» **Problem to work on**
In the entries below, find the line with "live = update2 c.live l e true;" and the line with "let rest = land_next bs m in". Print those two and everything between them exactly, and nothing else.
(Beginning of Data for this exercise)
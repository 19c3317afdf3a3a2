-- ===== src/ExpertCache/Steps.antt =====
-- The warm start, the work at a step's two boundaries, and what the device does between them.
use vllm_exl3_plugin.Base.{
  ℕ, zero, suc, ◌+◌, ◌-◌, ◌%◌, min, Bool, true, false, ◌&&◌, not, Option, none, some, List, [], ◌∷◌,
  ◌++◌, length, drop, ltb, leb, ◌==◌, if◌then◌else◌,
}
use vllm_exl3_plugin.ExpertCache.State.{
  Layout, Cache, Batch, Launch, Routing, Content, blank, bytes_of, no_stats, ring_size, update,
  update2, hosted, capacity, write,
}
use vllm_exl3_plugin.ExpertCache.Writes.{to_slot, set_contents, write_slots}
use vllm_exl3_plugin.ExpertCache.Landing.{land_flips}
use vllm_exl3_plugin.ExpertCache.Planning.{plan}

module _ (K : Layout) where
  -- The newest finished step at the head of the queue, and the rest of the queue.
  unfoldable pub pop_finished : Option Launch → List Launch → Option Launch × List Launch
  pop_finished last [] = (last, [])
  pop_finished last (s ∷ ss) =
      let rest = pop_finished (some s) ss in if s.finished then rest else (last, s ∷ ss)

  unfoldable pub step_begin : Cache → Cache
  unfolding land_flips pop_finished plan
  step_begin c =
      let c1 = land_flips K c in
      let (newest, queue) = pop_finished none c1.steps in
      let c2 : Cache = record c1 { steps = queue } in
      elim newest [ none ↦ c2 | some launch ↦ plan K c2 launch ]

  -- The report at every `stats_every` steps begins a new window.
  abbrev reset_window : Cache → Cache
  reset_window c =
      if not (K.stats_every == 0) && c.step % K.stats_every == 0
      then record c { stats = no_stats }
      else c

  -- The recording of a step that had decode rows: `routing` is what the device buffer holds.
  unfoldable pub record_rows : Cache → Bool → ℕ → Routing → Cache
  record_rows c staged rows routing =
      let slot = c.step % ring_size in
      let kept = if leb (ring_size - 1) (length c.steps) then drop 1 c.steps else c.steps in
      record c {
        ring = update c.ring slot routing;
        steps =
            kept
            ++ record {
              slot = slot;
              finished = false;
              rows = rows;
              mask = if not (K.stats_every == 0) && not staged then some c.live else none;
              step_no = c.step;
            }
              ∷ [];
        stats = record (c.stats) { decode_steps = c.stats.decode_steps + 1 };
      }

  unfoldable pub step_end : Cache → ℕ → ℕ → Routing → Cache
  unfolding record_rows
  step_end c tokens decodes routing =
      let staged = ltb K.stage_rows tokens in
      let rows = min decodes K.stage_rows in
      let c1 : Cache = record c {
        step = c.step + 1;
        stats = record (c.stats) {
          window_steps = c.stats.window_steps + 1;
          staged_steps = c.stats.staged_steps + (if staged then 1 else 0);
        };
      } in
      reset_window (if rows == 0 then c1 else record_rows c1 staged rows routing)

  -- The first slots of layer `l` from `s` on hold the experts of the list.
  unfoldable pub fill_layer : ℕ → ℕ → ℕ → List ℕ → Cache → Cache
  unfolding to_slot set_contents
  fill_layer l s zero es c = c
  fill_layer l s (suc n) [] c = c
  fill_layer l s (suc n) (e ∷ es) c =
      let c1 : Cache = record c {
        owner = update2 c.owner l s (some e);
        slot_of = update2 c.slot_of l e (some s);
        live = update2 c.live l e true;
        contents = set_contents K (l, e) (some s) (bytes_of e) c.contents;
      } in
      fill_layer l (suc s) n es (record c1 { table = write c1.table (to_slot K c1 (l, e)) })

  unfoldable pub fill_from : ℕ → ℕ → Cache → Cache
  unfolding fill_layer
  fill_from l zero c = c
  fill_from l (suc n) c = fill_from (suc l) n (fill_layer l 0 (capacity K l) (hosted K l) c)

  -- `__init__` before `_fill`: `table` holds the layers' own pointers.
  abbrev pub cold : (ℕ → ℕ) → Cache
  cold table = record {
    table = table;
    slot_of = λ l e. none;
    owner = λ l s. none;
    live = λ l e. false;
    last_use = λ l e. none;
    pending = [];
    ring = λ i l. [];
    steps = [];
    step = 0;
    clock = 0;
    stats = no_stats;
    contents = λ l j s. blank;
  }

  -- `_fill`, layer by layer.
  unfoldable pub fill : (ℕ → ℕ) → Cache
  unfolding fill_from
  fill table = fill_from 0 K.layers (cold table)

  -- The device: the oldest copies that were under way are done, and so is the oldest step's routing.
  unfoldable pub land_next : List Batch → (ℕ → ℕ → ℕ → Content) → List Batch × (ℕ → ℕ → ℕ → Content)
  unfolding write_slots
  land_next [] m = ([], m)
  land_next (b ∷ bs) m =
      let rest = land_next bs m in
      if b.landed
      then (b ∷ rest.0, rest.1)
      else (record b { landed = true } ∷ bs, write_slots K bytes_of b.moved b.target m)

  unfoldable pub copies_land : Cache → Cache
  unfolding land_next
  copies_land c =
      let (queue, m) = land_next c.pending c.contents in record c { contents = m; pending = queue }

  unfoldable pub finish_next : List Launch → List Launch
  finish_next [] = []
  finish_next (s ∷ ss) =
      let rest = finish_next ss in
      if s.finished then s ∷ rest else record s { finished = true } ∷ ss

  unfoldable pub routing_lands : Cache → Cache
  unfolding finish_next
  routing_lands c = record c { steps = finish_next c.steps }

-- What can happen to a cache: a step's boundaries, and the completion of device work.
pub data Event : Type 0 where
  begin : Event
  end : ℕ → ℕ → Routing → Event
  copied : Event
  routed : Event

module _ (K : Layout) where
  unfoldable pub happen : Cache → Event → Cache
  unfolding step_begin step_end copies_land routing_lands
  happen c begin = step_begin K c
  happen c (end tokens decodes routing) = step_end K c tokens decodes routing
  happen c copied = copies_land K c
  happen c routed = routing_lands K c

  unfoldable pub run : List Event → Cache → Cache
  unfolding happen
  run [] c = c
  run (e ∷ es) c = run es (happen c e)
(End of Data for this exercise)
» **Reply to the task**
        live = update2 c.live l e true;
        contents = set_contents K (l, e) (some s) (bytes_of e) c.contents;
      } in
      fill_layer l (suc s) n es (record c1 { table = write c1.table (to_slot K c1 (l, e)) })

  unfoldable pub fill_from : ℕ → ℕ → Cache → Cache
  unfolding fill_layer
  fill_from l zero c = c
  fill_from l (suc n) c = fill_from (suc l) n (fill_layer l 0 (capacity K l) (hosted K l) c)

  -- `__init__` before `_fill`: `table` holds the layers' own pointers.
  abbrev pub cold : (ℕ → ℕ) → Cache
  cold table = record {
    table = table;
    slot_of = λ l e. none;
    owner = λ l s. none;
    live = λ l e. false;
    last_use = λ l e. none;
    pending = [];
    ring = λ i l. [];
    steps = [];
    step = 0;
    clock = 0;
    stats = no_stats;
    contents = λ l j s. blank;
  }

  -- `_fill`, layer by layer.
  unfoldable pub fill : (ℕ → ℕ) → Cache
  unfolding fill_from
  fill table = fill_from 0 K.layers (cold table)

  -- The device: the oldest copies that were under way are done, and so is the oldest step's routing.
  unfoldable pub land_next : List Batch → (ℕ → ℕ → ℕ → Content) → List Batch × (ℕ → ℕ → ℕ → Content)
  unfolding write_slots
  land_next [] m = ([], m)
  land_next (b ∷ bs) m =
      let rest = land_next bs m in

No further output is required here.